* What to produce *
The records that follow are to be reproduced verbatim.

* Input data *

-- ===== src/Daemon/Json/Parser/RoundTrip.antt =====
-- What is written reads back.
use mathlib.Core.List.{append-nil, append_assoc}
use led_platform.Prelude.{
  subst, ap, Option, [], false, ok, refl, suc, true, zero, ℕ, ◌++◌, ◌∙◌, ◌∷◌, ◌≡◌,
}
use led_platform.Daemon.Json.Value.{
  display_elems, display_fields, Chars, escape, quoted, arr, obj, null, bool, num, str, nil, elem,
  done, field, Json, Bytes, display,
}
use led_platform.Daemon.Json.Scan.{lit, ws}
use led_platform.Daemon.Json.Scan.RoundTrip.{string-escape, AllScalar}
use led_platform.Daemon.Json.Parser.{array, object, number, token, value, parse, max_depth}
use led_platform.Daemon.Json.Parser.Total.{Within}
use led_platform.Daemon.Json.Parser.Written.{
  number-show, ws-Opens, display-Opens, token-number, Starts, Closed, Proper,
}
use led_platform.Daemon.Json.Parser.Arrays.{array-display}
use led_platform.Daemon.Json.Parser.Objects.{object-display, field-append}

module _ {F : Type 0} (show_f64 : F → Bytes) (parse_f64 : Bytes → Option F) where
  value-number :
      (d : ℕ) (bs rest : Bytes)
      → Starts bs
      → value parse_f64 (suc d) (bs ++ rest) ≡ number parse_f64 (bs ++ rest)
  unfolding value
  value-number d [] rest s = absurd s
  value-number d (b ∷ bs) rest s =
      token-number show_f64 parse_f64 (value parse_f64 d) b (bs ++ rest) s

  value-str :
      (d : ℕ) (s : Chars) (rest : Bytes)
      → AllScalar s
      → value parse_f64 (suc d) (quoted s ++ rest) ≡ ok (str s, rest)
  unfolding value token
  value-str d s rest a = rw (append_assoc (escape s) (34 ∷ []) rest, string-escape s rest a) refl

  value-array :
      (d : ℕ) (bs : Bytes)
      → value parse_f64 (suc d) (91 ∷ bs) ≡ array parse_f64 (value parse_f64 d) bs
  unfolding value token
  value-array d bs = refl

  value-object :
      (d : ℕ) (bs : Bytes)
      → value parse_f64 (suc d) (123 ∷ bs) ≡ object parse_f64 (value parse_f64 d) bs
  unfolding value token
  value-object d bs = refl

  value-display :
      (d : ℕ) (v : Json F) (rest : Bytes)
      → Within d v
      → Proper show_f64 parse_f64 v
      → Closed rest
      → value parse_f64 d (display show_f64 v ++ rest) ≡ ok (v, rest)
  unfolding display
  value-display zero v rest w p c = absurd w
  value-display (suc d) null rest w p c = unfold value in unfold token in unfold lit in refl
  value-display (suc d) (bool true) rest w p c = unfold value in unfold token in unfold lit in refl
  value-display (suc d) (bool false) rest w p c = unfold value in unfold token in unfold lit in refl
  value-display (suc d) (num x) rest w p c =
      value-number d (show_f64 x) rest p.starts ∙ number-show show_f64 parse_f64 x rest p c
  value-display (suc d) (str s) rest w p c = value-str d s rest p
  value-display (suc d) (arr nil) rest w p c =
      unfold value in unfold token in unfold array in unfold ws in unfold lit in refl
  value-display (suc d) (obj done) rest w p c =
      unfold value in unfold token in unfold object in unfold ws in unfold lit in refl
  value-display (suc d) (arr (elem v es)) rest w p c =
      ap (λ (bs : Bytes). value parse_f64 (suc d) (91 ∷ bs))
        (append_assoc (display show_f64 v) (display_elems show_f64 es) rest)
      ∙ value-array d _
      ∙ array-display show_f64 parse_f64 d (value parse_f64 d) (value-display d) v es rest w p
  value-display (suc d) (obj (field k v m)) rest w (a, p) c =
      ap (λ (bs : Bytes). value parse_f64 (suc d) (123 ∷ bs))
        (field-append (quoted k) (display show_f64 v) (display_fields show_f64 m) rest)
      ∙ value-object d _
      ∙ object-display show_f64 parse_f64 d (value parse_f64 d) (value-display d) k v m rest a w p

  -- If the nesting of a value is within the limit, its characters are Unicode scalar values, the
  -- keys of its maps ascend, and its numbers print as number text that parses back to them, then
  -- `parse` reads what `Display` writes of it back to the same value.
  pub parse-display :
      (v : Json F)
      → Within (suc max_depth) v
      → Proper show_f64 parse_f64 v
      → parse parse_f64 (display show_f64 v) ≡ ok v
  unfolding parse
  parse-display v w p =
      let text = display show_f64 v in
      let start : ws text ≡ text =
        subst (λ (bs : Bytes). ws bs ≡ bs) (append-nil text)
          (ws-Opens text [] (display-Opens show_f64 parse_f64 v p)) in
      let whole : value parse_f64 (suc max_depth) text ≡ ok (v, []) =
        subst (λ (bs : Bytes). value parse_f64 (suc max_depth) bs ≡ ok (v, [])) (append-nil text)
          (value-display (suc max_depth) v [] w p tt) in
      rw start (rw whole (unfold ws in refl))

* The answer *
-- ===== src/Daemon/Json/Parser/RoundTrip.antt =====
-- What is written reads back.
use mathlib.Core.List.{append-nil, append_assoc}
use led_platform.Prelude.{
  subst, ap, Option, [], false, ok, refl, suc, true, zero, ℕ, ◌++◌, ◌∙◌, ◌∷◌, ◌≡◌,
}
use led_platform.Daemon.Json.Value.{
  display_elems, display_fields, Chars, escape, quoted, arr, obj, null, bool, num, str, nil, elem,
  done, field, Json, Bytes, display,
}
use led_platform.Daemon.Json.Scan.{lit, ws}
use led_platform.Daemon.Json.Scan.RoundTrip.{string-escape, AllScalar}
use led_platform.Daemon.Json.Parser.{array, object, number, token, value, parse, max_depth}
use led_platform.Daemon.Json.Parser.Total.{Within}
use led_platform.Daemon.Json.Parser.Written.{
  number-show, ws-Opens, display-Opens, token-number, Starts, Closed, Proper,
}
use led_platform.Daemon.Json.Parser.Arrays.{array-display}
use led_platform.Daemon.Json.Parser.Objects.{object-display, field-append}

module _ {F : Type 0} (show_f64 : F → Bytes) (parse_f64 : Bytes → Option F) where
  value-number :
      (d : ℕ) (bs rest : Bytes)
      → Starts bs
      → value parse_f64 (suc d) (bs ++ rest) ≡ number parse_f64 (bs ++ rest)
  unfolding value
  value-number d [] rest s = absurd s
  value-number d (b ∷ bs) rest s =
      token-number show_f64 parse_f64 (value parse_f64 d) b (bs ++ rest) s

  value-str :
      (d : ℕ) (s : Chars) (rest : Bytes)
      → AllScalar s
      → value parse_f64 (suc d) (quoted s ++ rest) ≡ ok (str s, rest)
  unfolding value token
  value-str d s rest a = rw (append_assoc (escape s) (34 ∷ []) rest, string-escape s rest a) refl

  value-array :
      (d : ℕ) (bs : Bytes)
      → value parse_f64 (suc d) (91 ∷ bs) ≡ array parse_f64 (value parse_f64 d) bs
  unfolding value token
  value-array d bs = refl

  value-object :
      (d : ℕ) (bs : Bytes)
      → value parse_f64 (suc d) (123 ∷ bs) ≡ object parse_f64 (value parse_f64 d) bs
  unfolding value token
  value-object d bs = refl

  value-display :
      (d : ℕ) (v : Json F) (rest : Bytes)
      → Within d v
      → Proper show_f64 parse_f64 v
      → Closed rest
      → value parse_f64 d (display show_f64 v ++ rest) ≡ ok (v, rest)
  unfolding display
  value-display zero v rest w p c = absurd w
  value-display (suc d) null rest w p c = unfold value in unfold token in unfold lit in refl
  value-display (suc d) (bool true) rest w p c = unfold value in unfold token in unfold lit in refl
  value-display (suc d) (bool false) rest w p c = unfold value in unfold token in unfold lit in refl
  value-display (suc d) (num x) rest w p c =
      value-number d (show_f64 x) rest p.starts ∙ number-show show_f64 parse_f64 x rest p c
  value-display (suc d) (str s) rest w p c = value-str d s rest p
  value-display (suc d) (arr nil) rest w p c =
      unfold value in unfold token in unfold array in unfold ws in unfold lit in refl
  value-display (suc d) (obj done) rest w p c =
      unfold value in unfold token in unfold object in unfold ws in unfold lit in refl
  value-display (suc d) (arr (elem v es)) rest w p c =
      ap (λ (bs : Bytes). value parse_f64 (suc d) (91 ∷ bs))
        (append_assoc (display show_f64 v) (display_elems show_f64 es) rest)
      ∙ value-array d _
      ∙ array-display show_f64 parse_f64 d (value parse_f64 d) (value-display d) v es rest w p
  value-display (suc d) (obj (field k v m)) rest w (a, p) c =
      ap (λ (bs : Bytes). value parse_f64 (suc d) (123 ∷ bs))
        (field-append (quoted k) (display show_f64 v) (display_fields show_f64 m) rest)
      ∙ value-object d _
      ∙ object-display show_f64 parse_f64 d (value parse_f64 d) (value-display d) k v m rest a w p

  -- If the nesting of a value is within the limit, its characters are Unicode scalar values, the
  -- keys of its maps ascend, and its numbers print as number text that parses back to them, then
  -- `parse` reads what `Display` writes of it back to the same value.
  pub parse-display :
      (v : Json F)
      → Within (suc max_depth) v
      → Proper show_f64 parse_f64 v
      → parse parse_f64 (display show_f64 v) ≡ ok v
  unfolding parse
  parse-display v w p =
      let text = display show_f64 v in
      let start : ws text ≡ text =
        subst (λ (bs : Bytes). ws bs ≡ bs) (append-nil text)
          (ws-Opens text [] (display-Opens show_f64 parse_f64 v p)) in
      let whole : value parse_f64 (suc max_depth) text ≡ ok (v, []) =
        subst (λ (bs : Bytes). value parse_f64 (suc max_depth) bs ≡ ok (v, [])) (append-nil text)
          (value-display (suc max_depth) v [] w p tt) in
      rw start (rw whole (unfold ws in refl))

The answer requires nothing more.